Marina Gamba - Relationship With Galileo

Relationship With Galileo

During one of his frequent trips to Venice, Galileo met a young woman named Marina di Andrea Gamba and started a relationship with her. She moved into his house in Padua and bore him three children: Virginia (16 August 1600–1634), later Sister Maria Celeste; Livia (1601–1659), later Sister Arcangela; and Vincenzo (1606–1649). In none of the three baptismal records is Galileo named as the father. Virginia was described as "daughter by fornication of Marina of Venice," with no mention of the father; on Livia's baptismal record the name of the father was left blank; Vincenzo's baptismal record announced "father uncertain" (Galileo's Daughter 24, Dava Sobel, 1999).

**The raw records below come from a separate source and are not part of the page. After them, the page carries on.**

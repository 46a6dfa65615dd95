-- ===== src/Pool/Relinked.antt =====
-- The links of the list of all pages when one of them is changed (pool.rs).
use shared_arena.Base.{ℕ, ◌≡◌, refl, ◌∙◌, false, not, List, arith, has, ==_refl, ==_iff}
use shared_arena.Memory.{Memory, with_page}
use shared_arena.Memory.Chain.{Chain}
use shared_arena.Memory.Select.{retain}
use shared_arena.Run.{ok}
use shared_arena.Page.Pool.{PagePool}
use shared_arena.Pool.Cursors.{on, Apart, head_link, link_head, links, CanRead}
use shared_arena.Pool.Walk.{Cursor, head, link, next_at, set_next_at}

-- The head and the memory after `set_next_at`.
abbrev pub new_head : Cursor → (q first : ℕ) → ℕ
new_head head q first = q
new_head (link p) q first = first

module _ {T : Type 0} where
  abbrev pub next_value : Cursor → (page_list : ℕ) → Memory (PagePool T) → ℕ
  next_value head first m = first
  next_value (link p) first m = (m.page p).next

  -- All but the links of the list of all pages is as it was.
  pub record SameButNext (m m' : Memory (PagePool T)) : Type 0 where
    pub bitfield : (q : ℕ) → (m'.page q).bitfield ≡ (m.page q).bitfield
    pub blocks : (q : ℕ) → (m'.page q).blocks ≡ (m.page q).blocks
    pub next_free : (q : ℕ) → (m'.page q).next_free ≡ (m.page q).next_free
    pub in_free_list : (q : ℕ) → (m'.page q).in_free_list ≡ (m.page q).in_free_list
    pub list : m'.list ≡ m.list
    pub live : m'.live ≡ m.live
    pub supply : m'.supply ≡ m.supply

  pub SameButNext-refl : (m : Memory (PagePool T)) → SameButNext m m
  SameButNext-refl m = record {
    bitfield = λ q. refl;
    blocks = λ q. refl;
    next_free = λ q. refl;
    in_free_list = λ q. refl;
    list = refl;
    live = refl;
    supply = refl;
  }

  pub SameButNext-trans :
      {m m₁ m₂ : Memory (PagePool T)} → SameButNext m m₁ → SameButNext m₁ m₂ → SameButNext m m₂
  SameButNext-trans a b = record {
    bitfield = λ q. b.bitfield q ∙ a.bitfield q;
    blocks = λ q. b.blocks q ∙ a.blocks q;
    next_free = λ q. b.next_free q ∙ a.next_free q;
    in_free_list = λ q. b.in_free_list q ∙ a.in_free_list q;
    list = b.list ∙ a.list;
    live = b.live ∙ a.live;
    supply = b.supply ∙ a.supply;
  }

  -- The pages `ps` after the cursor `c` without those that are dropped.
  pub record AllUnlinked (m : Memory (PagePool T)) (c : Cursor) (first : ℕ) (dropped ps : List ℕ)
      (first' : ℕ) (m' : Memory (PagePool T)) : Type 0 where
    pub chain :
        Chain
          (λ q. (m'.page q).next)
          (next_value c first' m')
          (retain (λ q. not (has q dropped)) ps)
    pub same : SameButNext m m'
    pub frame :
        (c' : Cursor)
        → Apart c' c
        → on c' ps ≡ false
        → next_value c' first' m' ≡ next_value c' first m

  abbrev pub next_set_at : Cursor → ℕ → Memory (PagePool T) → Memory (PagePool T)
  next_set_at head q m = m
  next_set_at (link p) q m = with_page m p (record (m.page p) { next = q })

  pub set_next_at-eq :
      (c : Cursor) (q first : ℕ) (m : Memory (PagePool T))
      → CanRead c m
      → set_next_at c q first m ≡ ok (new_head c q first) (next_set_at c q m)
  unfolding set_next_at
  set_next_at-eq head q first m alive = refl
  set_next_at-eq (link p) q first m alive = ground arith

  pub next_at-eq :
      (c : Cursor) (first : ℕ) (m : Memory (PagePool T))
      → CanRead c m
      → next_at c first m ≡ ok (next_value c first m) m
  unfolding next_at
  next_at-eq head first m alive = refl
  next_at-eq (link p) first m alive = ground arith

  pub SameButNext-set :
      (c : Cursor) (q : ℕ) (m : Memory (PagePool T)) → SameButNext m (next_set_at c q m)
  SameButNext-set head q m = SameButNext-refl m
  SameButNext-set (link p) q m = record {
    bitfield = λ r. ground (arith, ==_iff r p);
    blocks = λ r. ground (arith, ==_iff r p);
    next_free = λ r. ground (arith, ==_iff r p);
    in_free_list = λ r. ground (arith, ==_iff r p);
    list = refl;
    live = refl;
    supply = refl;
  }

  pub next_value-set :
      (c : Cursor) (q first : ℕ) (m : Memory (PagePool T))
      → next_value c (new_head c q first) (next_set_at c q m) ≡ q
  next_value-set head q first m = refl
  next_value-set (link p) q first m = rw (==_refl p, next_value) refl

  pub next_value-other :
      (c c' : Cursor) (q first : ℕ) (m : Memory (PagePool T))
      → Apart c' c
      → next_value c' (new_head c q first) (next_set_at c q m) ≡ next_value c' first m
  next_value-other c c' q first m head_link = refl
  next_value-other c c' q first m link_head = refl
  next_value-other c c' q first m (links e) = rw (e, next_value) refl

  pub same_read :
      (c : Cursor) (q : ℕ) (m : Memory (PagePool T)) → CanRead c m → CanRead c (next_set_at c q m)
  same_read head q m alive = alive
  same_read (link p) q m alive = alive
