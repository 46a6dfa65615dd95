-- ===== src/Pool/Unlist.antt =====
-- The second loop of `shrink_to_fit` of pool.rs: pages leave the list of all pages.
use mathlib.Core.Path.{subst}
use shared_arena.Base.{
  ℕ, zero, suc, ◌<◌, ◌≡◌, ◌≢◌, refl, sym, ap, ◌∙◌, inl, inr, true, false, List, [], ◌∷◌, arith,
  length, has, Bool-cases, ==_refl, ==-eq-false,
}
use shared_arena.Memory.{Memory, deref}
use shared_arena.Memory.Chain.{Chain, Seg-frame, Distinct}
use shared_arena.Run.{ok}
use shared_arena.Run.Returns
use shared_arena.Run.Returns.{Returns, returns}
use shared_arena.Page.Pool.{PagePool}
use shared_arena.Pool.Cursors.{on, off_tail, Apart-head, Apart-has, CanRead}
use shared_arena.Pool.Walk.{Cursor, link, unlink_dropped}
use shared_arena.Pool.Relinked.{
  SameButNext-refl, next_value, next_set_at, new_head, SameButNext-trans, AllUnlinked,
  set_next_at-eq, next_at-eq, SameButNext-set, next_value-set, next_value-other, same_read,
}

module _ {T : Type 0} where
  module _ (fuel : ℕ) (c : Cursor) (first : ℕ) (dropped : List ℕ) (m : Memory (PagePool T))
      (alive : CanRead c m) where
    loop_end : next_value c first m ≡ 0 → unlink_dropped (suc fuel) c first dropped m ≡ ok first m
    unfolding unlink_dropped
    loop_end e = rw (next_at-eq c first m alive, e) refl

    module _ (p : ℕ) (e : next_value c first m ≡ p) (ne : p ≢ 0) (here : m.live p ≡ true) where
      got : deref p m ≡ ok (m.page p) m
      unfolding deref
      got = rw here refl

      loop_drop :
          has p dropped ≡ true
          → unlink_dropped (suc fuel) c first dropped m
            ≡ unlink_dropped fuel c
                (new_head c (m.page p).next first)
                dropped
                (next_set_at c (m.page p).next m)
      unfolding unlink_dropped
      loop_drop h =
          rw
            (
              next_at-eq c first m alive,
              e,
              ==-eq-false p 0 ne,
              got,
              h,
              set_next_at-eq c (m.page p).next first m alive,
            )
            refl

      loop_keep :
          has p dropped ≡ false
          → unlink_dropped (suc fuel) c first dropped m
            ≡ unlink_dropped fuel (link p) first dropped m
      unfolding unlink_dropped
      loop_keep h = rw (next_at-eq c first m alive, e, ==-eq-false p 0 ne, got, h) refl

  module _ (m : Memory (PagePool T)) (c : Cursor) (first : ℕ) (dropped : List ℕ) (p : ℕ)
      (qs : List ℕ) (off : on c (p ∷ qs) ≡ false) {first' : ℕ} {m' : Memory (PagePool T)} where
    unlisted_drop :
        has p dropped ≡ true
        → AllUnlinked
            (next_set_at c (m.page p).next m)
            c
            (new_head c (m.page p).next first)
            dropped
            qs
            first'
            m'
        → AllUnlinked m c first dropped (p ∷ qs) first' m'
    unlisted_drop h u = record {
      chain =
          subst (Chain (λ q. (m'.page q).next) (next_value c first' m')) (sym (rw h refl)) u.chain;
      same = SameButNext-trans (SameButNext-set c _ m) u.same;
      frame = λ c' a k. u.frame c' a (off_tail p qs c' k) ∙ next_value-other c c' _ first m a;
    }

    unlisted_keep :
        has p dropped ≡ false
        → next_value c first m ≡ p
        → p ≢ 0
        → AllUnlinked m (link p) first dropped qs first' m'
        → AllUnlinked m c first dropped (p ∷ qs) first' m'
    unlisted_keep h e ne u = record {
      chain = rw h (u.frame c (Apart-head p qs c off) (off_tail p qs c off) ∙ e, ne, u.chain);
      same = u.same;
      frame = λ c' a k. u.frame c' (Apart-head p qs c' k) (off_tail p qs c' k);
    }

  pub unlink_dropped-AllUnlinked :
      (fuel : ℕ) (c : Cursor) (first : ℕ) (dropped : List ℕ) (m : Memory (PagePool T)) (ps : List ℕ)
      → CanRead c m
      → Chain (λ q. (m.page q).next) (next_value c first m) ps
      → Distinct ps
      → on c ps ≡ false
      → ((q : ℕ) → has q ps ≡ true → m.live q ≡ true)
      → length ps < fuel
      → Returns
          (λ first' m'. AllUnlinked m c first dropped ps first' m')
          (unlink_dropped fuel c first dropped m)
  unlink_dropped-AllUnlinked zero c first dropped m ps alive chain d off good enough =
      absurd (omega arith)
  unlink_dropped-AllUnlinked (suc fuel) c first dropped m [] alive chain d off good enough =
      rw (loop_end fuel c first dropped m alive chain)
        (returns (record { chain = chain; same = SameButNext-refl m; frame = λ c' a h. refl }))
  unlink_dropped-AllUnlinked (suc fuel) c first dropped m (p ∷ ps) alive (e, ne, chain) (out, d) off
        good enough =
      let here = good p (ground (arith, ==_refl p)) in
      let q = (m.page p).next in
      elim (Bool-cases (has p dropped)) [
        | inr keep ↦ rw (loop_keep fuel c first dropped m alive p e ne here keep) (
            Returns.mono
              (unlink_dropped-AllUnlinked fuel (link p) first dropped m ps here chain d out
                (λ q h. good q (ground arith)) (omega arith))
              (λ l m' u. unlisted_keep m c first dropped p ps off keep e ne u))
        | inl drop ↦ rw (loop_drop fuel c first dropped m alive p e ne here drop) (
            Returns.mono
              (unlink_dropped-AllUnlinked fuel c (new_head c q first) dropped (next_set_at c q m) ps
                (same_read c q m alive)
                (subst (λ r. Chain (λ t. ((next_set_at c q m).page t).next) r ps)
                  (sym (next_value-set c q first m))
                  (Seg-frame _ _ 0 _ ps
                    (λ r h. next_value-other c (link r) q first m (Apart-has p ps r h c off))
                    chain))
                d (off_tail p ps c off)
                (λ r h. ap (λ f. f r) ((SameButNext-set c q m).live) ∙ good r (ground arith))
                (omega arith))
              (λ l m' u. unlisted_drop m c first dropped p ps off drop u))
      ]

Galileo's position as a professor and his many friendships among the Venetian nobility probably made it unwise for him to figure officially as the children's father.

When Galileo left Padua for good in 1610 to take up his position at the Medici court in Florence, he took the two daughters with him but left their mother behind with 4 year-old Vincenzo, who joined his father in Florence a few years later.

With Marina no longer in the family, Galileo put his two daughters in a convent and managed to have Vincenzo legitimated by the Grand Duke of Tuscany. In his 1619 request for this, Galileo declared that at the time of his cohabitation with Marina, she "had never been married" and was "already dead" at the drawing up of the act. Vincenzo studied law and later became a lutenist like his namesake grandfather. He died in 1649.